Project Play: Research at Boston Children’s Museum

Lifter office

Boston Children’s Museum works closely with researchers from local universities to conduct studies into child development, cognition and more; and to translate the latest studies and findings for the general public in order to make a positive impact on parenting practices. We will periodically publish articles from these researchers about their work, their reflections and themselves. As part of our continuing series sharing details about research happening at Boston Children’s Museum, Karin Lifter, PhD from Northeastern University shares below some information about her research at the Museum:

Project Play at Northeastern University is dedicated to studying developments in play of young children who are developing typically, and young children who are developing with delays, such as language or movement delays, from 8 months to five years of age. You might have seen one or another of us recruiting children for our project outside PlaySpace on Friday nights.

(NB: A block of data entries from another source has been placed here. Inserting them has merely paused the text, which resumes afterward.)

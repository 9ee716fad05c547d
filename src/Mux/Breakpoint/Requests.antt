-- ===== src/Mux/Breakpoint/Requests.antt =====
-- How new entries and rebuilt files leave the slots of crates/protocol-mux/src/breakpoint_state.rs.
use dappy_core.Common.{
  get_elem?-length, length-set, ==-refl, some, set, length, get_elem?-append_lt, is_some-get_elem?,
  ℕ, String, ◌≡◌, true, none, List, [], ◌∷◌, ◌++◌, arith, nat_eq, string_eq, ==-eq, unwrap_or,
  is_some, get_elem?,
}
use dappy_core.Common.HashMap
use dappy_core.Mux.Tracker.{write_spec, BreakpointTracker, SourceBreakpointSpec, push_spec}
use dappy_core.Mux.Breakpoint.Slots.{IsIndexed, at_slot, at_slot-insert}

-- The entries of a file that may be missing.
abbrev pub entries_at : BreakpointTracker → String → List SourceBreakpointSpec
entries_at t path = unwrap_or (HashMap.get t.source_breakpoints path) []

at_slot-entries_at :
    (t : BreakpointTracker) (path : String) (y : ℕ)
    → at_slot t.source_breakpoints (path, y) ≡ get_elem? (entries_at t path) y
at_slot-entries_at t path y = ground arith

module _ (t : BreakpointTracker) (path : String) (spec : SourceBreakpointSpec) where
  -- A pushed entry leaves every slot in use as it was, and stands in the next one.
  at_slot-push :
      (slot : String × ℕ)
      → is_some (at_slot t.source_breakpoints slot) ≡ true
      → at_slot (push_spec t none path (entries_at t path) spec).source_breakpoints slot
        ≡ at_slot t.source_breakpoints slot
  unfolding push_spec
  at_slot-push (q, y) h = ground (
    arith,
    at_slot-insert t.source_breakpoints path (entries_at t path ++ spec ∷ []) (q, y),
    ==-eq path q,
    at_slot-entries_at t path y,
    is_some-get_elem? (entries_at t path) y,
    get_elem?-append_lt (entries_at t path) (spec ∷ []) y,
  )

  at_slot-push_self :
      at_slot
        (push_spec t none path (entries_at t path) spec).source_breakpoints
        (path, length (entries_at t path))
      ≡ some spec
  unfolding push_spec
  at_slot-push_self = ground (
    arith,
    at_slot-insert t.source_breakpoints path (entries_at t path ++ spec ∷ [])
        (path, length (entries_at t path)),
    ==-refl path,
    get_elem?-length (entries_at t path) spec,
  )

  at_slot-full : at_slot t.source_breakpoints (path, length (entries_at t path)) ≡ none
  at_slot-full = ground (
    arith,
    at_slot-entries_at t path (length (entries_at t path)),
    is_some-get_elem? (entries_at t path) (length (entries_at t path)),
  )

  -- A written entry changes one slot, and takes none away.
  at_slot-write :
      (x : ℕ) (slot : String × ℕ)
      → is_some (at_slot (write_spec t path (entries_at t path) x spec).source_breakpoints slot)
        ≡ is_some (at_slot t.source_breakpoints slot)
  unfolding write_spec
  at_slot-write x (q, y) = ground (
    arith,
    at_slot-insert t.source_breakpoints path (set (entries_at t path) x spec) (q, y),
    ==-eq path q,
    at_slot-entries_at t path y,
    is_some-get_elem? (entries_at t path) y,
    is_some-get_elem? (set (entries_at t path) x spec) y,
    length-set (entries_at t path) x spec,
  )

  pub write_spec-IsIndexed :
      (x : ℕ) → IsIndexed t → IsIndexed (write_spec t path (entries_at t path) x spec)
  unfolding write_spec
  write_spec-IsIndexed x v = record {
    named = λ j slot h. ground (arith, at_slot-write x slot, v.named j slot h);
    distinct = v.distinct;
  }

  pub push_none-IsIndexed : IsIndexed t → IsIndexed (push_spec t none path (entries_at t path) spec)
  unfolding push_spec
  push_none-IsIndexed v = record {
    named = λ j slot h. ground (arith, at_slot-push slot, v.named j slot h);
    distinct = v.distinct;
  }

  pub push_some-IsIndexed :
      (id : ℕ) → IsIndexed t → IsIndexed (push_spec t (some id) path (entries_at t path) spec)
  unfolding push_spec
  push_some-IsIndexed id v = record {
    named = λ j slot h. ground (
      arith,
      HashMap.get-insert t.breakpoint_ids id j (path, length (entries_at t path)),
      at_slot-push slot,
      at_slot-push_self,
      v.named j slot,
    );
    distinct = λ i j slot h g. ground (
      arith,
      HashMap.get-insert t.breakpoint_ids id i (path, length (entries_at t path)),
      HashMap.get-insert t.breakpoint_ids id j (path, length (entries_at t path)),
      at_slot-full,
      v.named i slot,
      v.named j slot,
      v.distinct i j slot,
    );
  }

We believe that “stuff happens in play” – that play develops in young children, just as language, thinking, movement, and social-emotional competence develops. In play, children progress from mouthing toys, to moving toys from place to place, to creating relationships between toys. These relationships start out simple (such as moving toys in and out of containers) and become increasingly complex as children grow and develop. Play activities become more and more complex as children begin to represent the everyday activities of their families (such as feeding doll figures, and giving doll figures rides in cars and buses), to link activities together to form sequences (such as feeding a doll and then putting it to bed), to begin to pretend that one object stands for another (such as pretending a disc is a cookie), and eventually to start reproducing a series of activities in a script (such as setting up a tea party).

Two basic assumptions underlie our work:

  1. Children show you what they know and what they are thinking about in their play;
  2. Children use play to learn about their worlds – to learn about objects and people as well as the events in which they participate.

Given that children show you what they know in their play, at Project Play we use play activities for evaluation purposes. A major goal is to create an easy method to evaluate the progress of children who are developing with delays in order to determine steps to make up lost ground. This is important because children who are developing with delays often have delays in play.

Because all children use play to learn about their worlds, we can structure activities for the children to do that can help them move forward in their development – activities that are not too hard nor too easy, but just right. Activities that are “just right” are activities that require attention and concentration but are not overly difficult. Such play activities are really important for learning about objects, people, and events. They also are important for learning language, as children hear words and sentences from their play partners that highlight what they are attending to.

If you would like to learn more about Project Play and/or participate, please visit our website:  We are supported by a grant from the Institute of Education Sciences, U.S. Department of Education.

Again, play is important in development. It is an important learning activity, and when children are attentive and focused in play, it is also an important activity for learning language.